О чем это стихотворение? Я понятия не имею. Видимо, оно относится к категории боговдохновенных и суть его известна лишь каким -то божественным субстанциям, проводником воли которых я всего лишь являлся... Хотелось бы, что бы это откровение проанализировал СЧР - интересно, какие приёмы он будет использовать для критики Высших Сил? И, наверное, я этот метод начну воплощать в жизнь - за месяц тыщу стишков накатаю, как минимум; Господи, благослови!

И всё-таки главный вопрос, связанный с формализмом, заключается не в том, как выглядят перлы авангардистов и что они думают, их создавая, а в  причинах, вызвавших такое странное социально-культурное явление.

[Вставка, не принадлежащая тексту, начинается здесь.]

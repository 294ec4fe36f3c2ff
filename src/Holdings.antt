-- ===== src/Holdings.antt =====
-- Holdings of packages/core/src/holdings.ts: shares are tokens times the token's multiplier.
pub mod Shares
pub mod Tests
use new_bnbhack.Common.{
  ℕ, ◌*◌, ◌/◌, ◌^◌, ◌==◌, ◌||◌, leb, not, Bool, Option, none, some, if◌then◌else◌, Result, ok, err,
  ◌>>=◌,
}
use new_bnbhack.Common.Int.{pos}
use new_bnbhack.Common.Text.{Text, big_int}
use new_bnbhack.Amounts.{to_units, from_units, truncate_decimal}
use new_bnbhack.Calendar.{iso}

abbrev pub multiplier_decimals : ℕ
multiplier_decimals = 18

-- `multiplierUnits`
unfoldable pub multiplier_units : Text → Result ℕ
multiplier_units multiplier = do
  text ← truncate_decimal multiplier multiplier_decimals
  to_units text multiplier_decimals

-- `sharesFromTokens`
unfoldable pub shares_from_tokens : ℕ → ℕ → Text → Result Text
shares_from_tokens token_units decimals multiplier = do
  m ← multiplier_units multiplier
  ok (from_units (pos (token_units * m / 10 ^ 18)) decimals)

-- `sameMultiplier`
unfoldable pub same_multiplier : Text → Text → Result Bool
same_multiplier a b = do m ← multiplier_units a; n ← multiplier_units b; ok (m == n)

pub record HoldingSnapshot : Type 0 where
  pub tokens : Text
  pub decimals : ℕ
  pub multiplier_at_last_update : Text

pub record Revalued : Type 0 where
  pub shares : Text
  pub multiplier_changed : Bool

-- `revalueHolding`
unfoldable pub revalue_holding : HoldingSnapshot → Text → Result Revalued
revalue_holding holding current = do
  tokens ← big_int holding.tokens
  shares ← shares_from_tokens tokens holding.decimals current
  same ← same_multiplier holding.multiplier_at_last_update current
  ok (record { shares = shares; multiplier_changed = not same })

pub record PendingMultiplierChange : Type 0 where
  pub from_ : Text
  pub to : Text
  pub effective_at : Text

-- nothing is pending when the two multipliers are the same number
unfoldable pub pending_change : Text → Text → ℕ → Bool → Option PendingMultiplierChange
pending_change current next sec same =
    if same
    then none
    else some (record { from_ = current; to = next; effective_at = iso (sec * 1000) })

-- `upcomingMultiplierChange`, of a whole second; 0 means none is scheduled
unfoldable pub upcoming_multiplier_change :
    Text → Text → ℕ → ℕ → Result (Option PendingMultiplierChange)
upcoming_multiplier_change current next sec now =
    if (sec == 0) || leb (sec * 1000) now
    then ok none
    else (do same ← same_multiplier current next; ok (pending_change current next sec same))
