-- ===== src/Decide/Bought.antt =====
-- `boughtOutcome`: the outcome and the reason once the receipt of the swap is in.
pub mod Outcome
pub mod Tests
use new_bnbhack.Common.{
  ℕ, ◌==◌, ◌++◌, Bool, true, false, not, Option, none, some, List, [], ◌∷◌, if◌then◌else◌, Result,
  ok, err, ◌>>=◌,
}
use new_bnbhack.Common.Int.{pos}
use new_bnbhack.Common.Text.{Text, codes, big_int}
use new_bnbhack.Amounts.{to_units}
use new_bnbhack.Domain.{Instrument, BoughtOutcome}
use new_bnbhack.Holdings.{shares_from_tokens}
use new_bnbhack.Why.{
  Why, WhyKey, format_usd, format_shares, bought_interest, bought_anytime, bought_regular,
}
use new_bnbhack.Decide.{ExecuteDecision, why}

-- whether interest is used and pays for the whole spend; off hours it is not asked
unfoldable pub interest_pays_all : Bool → Option Text → ℕ → Result Bool
interest_pays_all true interest spend = ok false
interest_pays_all false none spend = ok false
interest_pays_all false (some interest) spend = do paid ← to_units interest 18; ok (paid == spend)

abbrev pub gap_param : Option Text → List (Text × Text)
gap_param none = []
gap_param (some gap) = (codes "gap", gap) ∷ []

abbrev pub bought_key : Bool → WhyKey
bought_key off_hours = if off_hours then bought_anytime else bought_regular

-- the reason, with what it shows
unfoldable pub bought_why : ExecuteDecision → Text → Text → ℕ → Bool → Why
bought_why d ticker shown spend true = why bought_interest (
    (codes "interest", format_usd (pos spend))
    ∷ (codes "ticker", ticker)
    ∷ (codes "shares", shown)
    ∷ [])
bought_why d ticker shown spend false = why (bought_key d.off_hours) (
    ((codes "ticker", ticker)
      ∷ (codes "shares", shown)
      ∷ (codes "usd", format_usd (pos spend))
      ∷ [])
    ++ gap_param d.ref_gap_pct)

abbrev pub bought_record : ExecuteDecision → Text → Text → BoughtOutcome
bought_record d received shares = record {
  spend_usd = d.spend_usd;
  tokens = received;
  shares = shares;
  interest_usd = d.interest_usd;
  ref_gap_pct = d.ref_gap_pct;
}

-- `boughtOutcome`
unfoldable pub bought_outcome : ExecuteDecision → Instrument → Text → Result (BoughtOutcome × Why)
bought_outcome d instrument received_tokens = do
  tokens ← big_int received_tokens
  shares ← shares_from_tokens tokens instrument.decimals instrument.multiplier
  share_units ← to_units shares 18
  spend ← to_units d.spend_usd 18
  by_interest ← interest_pays_all d.off_hours d.interest_usd spend
  ok (
    bought_record d received_tokens shares,
    bought_why d instrument.ticker (format_shares share_units) spend by_interest,
  )
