-- ===== src/Controllers.antt =====
-- controllers/: the HTTP handlers.
pub mod Base
pub mod Invalidation
pub mod UserController
pub mod RoleController
pub mod Answers
pub mod Tests
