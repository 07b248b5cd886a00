-- ===== src/Pagination.antt =====
-- pagination/: the page that a request asks for. The parameters of the request are a map of texts.
pub mod Laws
pub mod Keys
pub mod Response
pub mod Tests
use drogon_api_starter.Prelude.{
  ℕ, ◌+◌, ◌-◌, ◌*◌, ◌%◌, ◌^◌, String, Bool, true, false, ◌||◌, Option, none, some, List, ltb, leb,
  if◌then◌else◌,
}
use drogon_api_starter.Prelude.Dict.{lookup}
use drogon_api_starter.Text.{◌++◌}
use drogon_api_starter.Text.Number.{ℤ, pos, negsuc, stoi, to_string}
use drogon_api_starter.Result.{Exception, invalid_argument, Result, ok, err, ◌>>=◌}

-- `from` lets only positive values through, so the two ints are numbers.
pub record PageRequest : Type 0 where
  pub page : ℕ
  pub page_size : ℕ

abbrev pub default_page : ℕ
default_page = 1

abbrev pub default_page_size : ℕ
default_page_size = 25

abbrev pub max_page_size : ℕ
max_page_size = 100

abbrev parsed : Option ℤ → Result ℤ
parsed none = err (invalid_argument "page and page_size must be integers")
parsed (some n) = ok n

abbrev parameter : Option String → ℕ → Result ℤ
parameter none fallback = ok (pos fallback)
parameter (some text) fallback = parsed (stoi text)

abbrev out_of_range : Exception
out_of_range = invalid_argument "page must be positive and page_size must be between 1 and 100"

abbrev checked : ℤ → ℤ → Result PageRequest
checked (pos page) (pos page_size) =
    if ltb page 1 || ltb page_size 1 || ltb max_page_size page_size
    then err out_of_range
    else ok (record { page = page; page_size = page_size })
checked (pos page) (negsuc n) = err out_of_range
checked (negsuc n) page_size = err out_of_range

unfoldable pub from : List (String × String) → Result PageRequest
from parameters = do
  page ← parameter (lookup "page" parameters) default_page
  page_size ← parameter (lookup "page_size" parameters) default_page_size
  checked page page_size

-- An int from the number that the source's arithmetic comes to. Above the range of int C++ defines no
-- result: what comes of it then is a parameter.
abbrev pub in_int : (ℕ → ℤ) → ℕ → ℤ
in_int overflow n = if ltb n (2 ^ 31) then pos n else overflow n

unfoldable pub offset : (ℕ → ℤ) → PageRequest → ℤ
offset overflow r = in_int overflow ((r.page - 1) * r.page_size)

-- The sum of an int and a positive one.
abbrev sum : (ℕ → ℤ) → ℤ → ℕ → ℤ
sum overflow (pos m) k = in_int overflow (m + k)
sum overflow (negsuc m) k = if ltb m k then pos (k - m - 1) else negsuc (m - k)

unfoldable pub cache_key : PageRequest → String → String
cache_key r resource = resource ++ ":page=" ++ to_string r.page ++ ":size=" ++ to_string r.page_size

pub record PageResult {ℓ} (T : Type ℓ) : Type ℓ where
  pub items : List T
  pub total : ℕ
  pub request : PageRequest

-- `static_cast<std::size_t>`
abbrev pub to_size_t : ℤ → ℕ
to_size_t (pos n) = n
to_size_t (negsuc n) = 2 ^ 64 - 1 - n

unfoldable pub has_next {ℓ} : {T : Type ℓ} → (ℕ → ℤ) → PageResult T → Bool
unfolding offset
has_next overflow p =
    ltb (to_size_t (sum overflow (offset overflow p.request) p.request.page_size)) p.total
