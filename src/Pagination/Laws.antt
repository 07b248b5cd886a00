-- ===== src/Pagination/Laws.antt =====
-- The pages of a list of rows: what `from` lets through, and how the pages follow one another.
use drogon_api_starter.Prelude.{
  ℕ, zero, suc, ◌+◌, ◌-◌, ◌*◌, ◌^◌, ◌≤◌, ◌<◌, ◌≡◌, ◌↔◌, String, true, List, arith,
}
use drogon_api_starter.Text.Number.{ℤ, pos}
use drogon_api_starter.Result.{Exception, is_invalid_argument, ok, err}
use drogon_api_starter.Pagination.{PageRequest, from, offset, has_next}

-- A page from 1 on that an int holds, of 1 to 100 rows.
pub record IsValid (r : PageRequest) : Type 0 where
  pub page : 1 ≤ r.page
  pub page_size : (1 ≤ r.page_size) × (r.page_size ≤ 100)

pub from-IsValid :
    (parameters : List (String × String)) (r : PageRequest) → from parameters ≡ ok r → IsValid r
unfolding from
from-IsValid parameters r h = ground arith

-- A request is refused by an std::invalid_argument, never by another exception.
pub from-invalid_argument :
    (parameters : List (String × String)) (e : Exception)
    → from parameters ≡ err e
    → is_invalid_argument e ≡ true
unfolding from
from-invalid_argument parameters e h = ground arith

bounded : (page size : ℕ) → 1 ≤ page → page ≤ 21474836 → size ≤ 100 → page * size < 2 ^ 31
bounded page size one small h = grind arith

row_end : (page size : ℕ) → 1 ≤ page → (page - 1) * size + size ≡ page * size
row_end zero size one = absurd (omega (arith, one))
row_end (suc page) size one = let less : suc page - 1 ≡ page = omega arith in rw less (omega arith)

-- For every request that `from` accepts, up to page 21,474,836, no int overflows: the offset is the
-- number of rows before the page, and hasNext holds exactly if there are more rows than those up to
-- the end of the page.
pub accepted-offset {ℓ} :
    {T : Type ℓ} (overflow : ℕ → ℤ) (parameters : List (String × String)) (r : PageRequest)
    (items : List T) (total : ℕ)
    → from parameters ≡ ok r
    → r.page ≤ 21474836
    → (offset overflow r ≡ pos ((r.page - 1) * r.page_size))
      × ((has_next overflow (record { items = items; total = total; request = r }) ≡ true)
          ↔ (r.page * r.page_size < total))
unfolding offset has_next
accepted-offset overflow parameters r items total h small =
    let valid = from-IsValid parameters r h in
    let (_, at_most) = valid.page_size in
    let fits = bounded r.page r.page_size valid.page small at_most in
    let end = row_end r.page r.page_size valid.page in
    (ground (arith, fits, end), ground (arith, fits, end))
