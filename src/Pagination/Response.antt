-- ===== src/Pagination/Response.antt =====
-- pagination/PageResponse.h: a page of rows as JSON.
use drogon_api_starter.Prelude.{ℕ, List, [], ◌∷◌}
use drogon_api_starter.Text.Number.{ℤ}
use drogon_api_starter.Json.{JsonLib}
use drogon_api_starter.Pagination.{PageResult, has_next}

module _ (json : JsonLib) (overflow : ℕ → ℤ) {T : Type 0} (project : T → json.Value) where
  -- `for (const auto& item : page.items) response["results"].append(project(item));`
  abbrev append_all : List T → json.Value → json.Value
  append_all [] results = results
  append_all (item ∷ items) results = append_all items (json.append results (project item))

  unfoldable pub to_json : PageResult T → json.Value
  to_json page = json.set "has_next" (json.of_bool (has_next overflow page)) (
      json.set "total" (json.of_number page.total) (
        json.set "page_size" (json.of_number page.request.page_size) (
          json.set "page" (json.of_number page.request.page)
            (json.set "results" (append_all page.items json.empty_array) json.null))))
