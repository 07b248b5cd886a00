-- ===== src/Services/UserService.antt =====
-- services/UserService.cc: the users in the database, their input and their public JSON.
use drogon_api_starter.Prelude.{
  ℕ, String, Bool, true, false, not, Option, none, some, List, [], ◌∷◌, if◌then◌else◌, ◌==◌,
}
use drogon_api_starter.Result.{Exception, invalid_argument, Result, ok, err}
use drogon_api_starter.Action.{Action, done, raise, lift, ◌>>=◌}
use drogon_api_starter.Pagination.{PageRequest, PageResult, offset, to_size_t}
use drogon_api_starter.Services.Input.{string_at, text_at}
use drogon_api_starter.Platform.{Platform, Mapper, Moment}
use drogon_api_starter.Models.Users.{
  Users, new_users, get_value_of_id, get_value_of_first_name, get_value_of_last_name,
  get_value_of_email, get_value_of_created_at, get_value_of_updated_at, set_id, set_first_name,
  set_last_name, set_email, set_password, set_is_deleted, set_created_at, set_updated_at,
}
pub mod Laws

module _ (P : Platform) where
  unfoldable pub list_users : PageRequest → Action P.Db (PageResult (Users P.Date))
  list_users request = P.users.count >>= λ total.
      P.users.find_page "created_at" request.page_size (to_size_t (offset P.int_overflow request))
      >>= λ items. done (record { items = items; total = total; request = request })

  -- `if (!user.getId()) return std::nullopt;`
  abbrev pub with_key : Users P.Date → Option String → Option (Users P.Date)
  with_key row none = none
  with_key row (some key) = some row

  unfoldable pub find_by_id : String → Action P.Db (Option (Users P.Date))
  find_by_id id = P.users.find_by_primary_key id >>= λ row. done (with_key row row.id.value)

  abbrev pub missing : Exception
  missing = invalid_argument "Request body must contain first_name, last_name, email and password"

  unfoldable pub validate_user_input : P.json.Value → Result (Unit {0})
  validate_user_input input =
      if P.json.is_object input
      then string_at P.json missing input "first_name" (
          string_at P.json missing input "last_name" (
            string_at P.json missing input "email"
              (string_at P.json missing input "password" (ok tt))))
      else err missing

  -- The row that an insert is given.
  abbrev pub created_user : Moment P → String → String → String → String → Users P.Date
  created_user moment first_name last_name email password = set_updated_at moment.now (
      set_created_at moment.now (
        set_password (P.generate_hash moment.salt password) (
          set_is_deleted true
            (set_email email (set_last_name last_name (set_first_name first_name new_users))))))

  unfoldable pub create_user : Moment P → P.json.Value → Action P.Db (Users P.Date)
  create_user moment input = lift (validate_user_input input) >>= λ _.
      lift (text_at P.json input "first_name") >>= λ first_name.
      lift (text_at P.json input "last_name") >>= λ last_name.
      lift (text_at P.json input "email") >>= λ email.
      lift (text_at P.json input "password") >>= λ password.
      P.users.insert (created_user moment first_name last_name email password)

  -- The row that an update is given, which is also what is answered.
  abbrev pub updated_user : Moment P → String → String → String → String → String → Users P.Date
  updated_user moment id first_name last_name email password = set_updated_at moment.now (
      set_password (P.generate_hash moment.salt password) (
        set_email email
          (set_last_name last_name (set_first_name first_name (set_id id new_users)))))

  unfoldable pub update_user : Moment P → String → P.json.Value → Action P.Db (Users P.Date)
  update_user moment id input = lift (validate_user_input input) >>= λ _.
      lift (text_at P.json input "first_name") >>= λ first_name.
      lift (text_at P.json input "last_name") >>= λ last_name.
      lift (text_at P.json input "email") >>= λ email.
      lift (text_at P.json input "password") >>= λ password.
      let row : Users P.Date = updated_user moment id first_name last_name email password in
      P.users.update row >>= λ touched. done row

  -- The count of deleted rows, as a bool.
  unfoldable pub delete_user : String → Action P.Db Bool
  delete_user id = P.users.delete_by_primary_key id >>= λ deleted. done (not (deleted == 0))

  unfoldable pub to_public_json : Users P.Date → P.json.Value
  to_public_json row =
      P.json.set "updated_at"
        (P.json.of_string (P.to_db_string (get_value_of_updated_at P.default_date row)))
        (P.json.set "created_at"
          (P.json.of_string (P.to_db_string (get_value_of_created_at P.default_date row)))
          (P.json.set "email" (P.json.of_string (get_value_of_email row)) (
            P.json.set "last_name" (P.json.of_string (get_value_of_last_name row)) (
              P.json.set "first_name" (P.json.of_string (get_value_of_first_name row))
                (P.json.set "id" (P.json.of_string (get_value_of_id row)) P.json.null)))))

Почему так случилось, что огромное количество граждан, как сочиняющих, так и читающих, вдруг увлеклись совершенно бессмысленными фразами и убогим юродствованием? Проще всего это можно было бы объяснить ростом шизофренических наклонностей, вызванных перманентной стрессовой ситуацией нового времени или простой человеческой ленью. Но всё же, учитывая массовость исследуемого   феномена, вряд ли стоит полагать, что эта огромная масса полностью состоит из одних шизиков и лентяев. Видимо, всё же подлинные истоки преклонения пред абсурдом лежат гораздо глубже и, скорее всего, являются результатом каких-то  подспудных общественных и психологических изменений, следовавших за революционными изменениями  политическими и экономическими; разумеется, здесь нет ничего общего ни с "энергетикой души", ни с "ведическими знаниями". "Что-то организму не хватает" - как говорят в таких случаях бабушки, наслушавшиеся радиопередач на медицинские темы.

Тем не менее, я хотел бы в заключении проиллюстрировать статью своеобразным дружеским шаржем: отрывком из произведения еще одного классика, также жившего в начале прошедшего века - Герберта Уэллса. В романе "Остров доктора Моро" он описывает опыты одного ученого, с помощью вивисекции сумевшего превращать животных в людей. Эти создания наряду с приобретенными человеческими чертами сохраняли свои животные свойства, которые время от времени проявлялись в жизни.
Так вот, одним из таких человекозверей был обезьяночеловек; его характерной особенностью была тяга к "работе со словом". Это его увлечение проявлялось следующим образом (речь идет от лица путешественника, случайно попавшего на остров, где проводились эксперименты):
 "Только  одно  забавляло  меня  в  нем (в обезьяночеловеке - Е.Н.):  он  обладал необычайной способностью выдумывать новые слова. Мне  кажется,  он  думал,что  истинное  назначение  человеческой  речи  состоит   в   бессмысленной болтовне. Эти бессмысленные слова он называл "большими мыслями" в  отличие от "маленьких мыслей", под которыми подразумевались нормальные,  обыденные вещи. Когда я говорил что-нибудь  непонятное  для  него,  это  ему  ужасно нравилось, он просил меня повторить, заучивал сказанное наизусть и уходил, повторяя, путая и переставляя слова, а потом говорил это всем своим  более или менее добродушным собратьям. Ко всему, что было просто и  понятно,  он относился с презрением. Я придумал специально для него несколько  забавных "больших мыслей". Теперь он кажется мне самым глупым  существом,  какое  я видел в жизни; он удивительнейшим образом развил в себе чисто человеческую глупость, не потеряв при этом ни одной сотой доли прирожденной  обезьяньей глупости."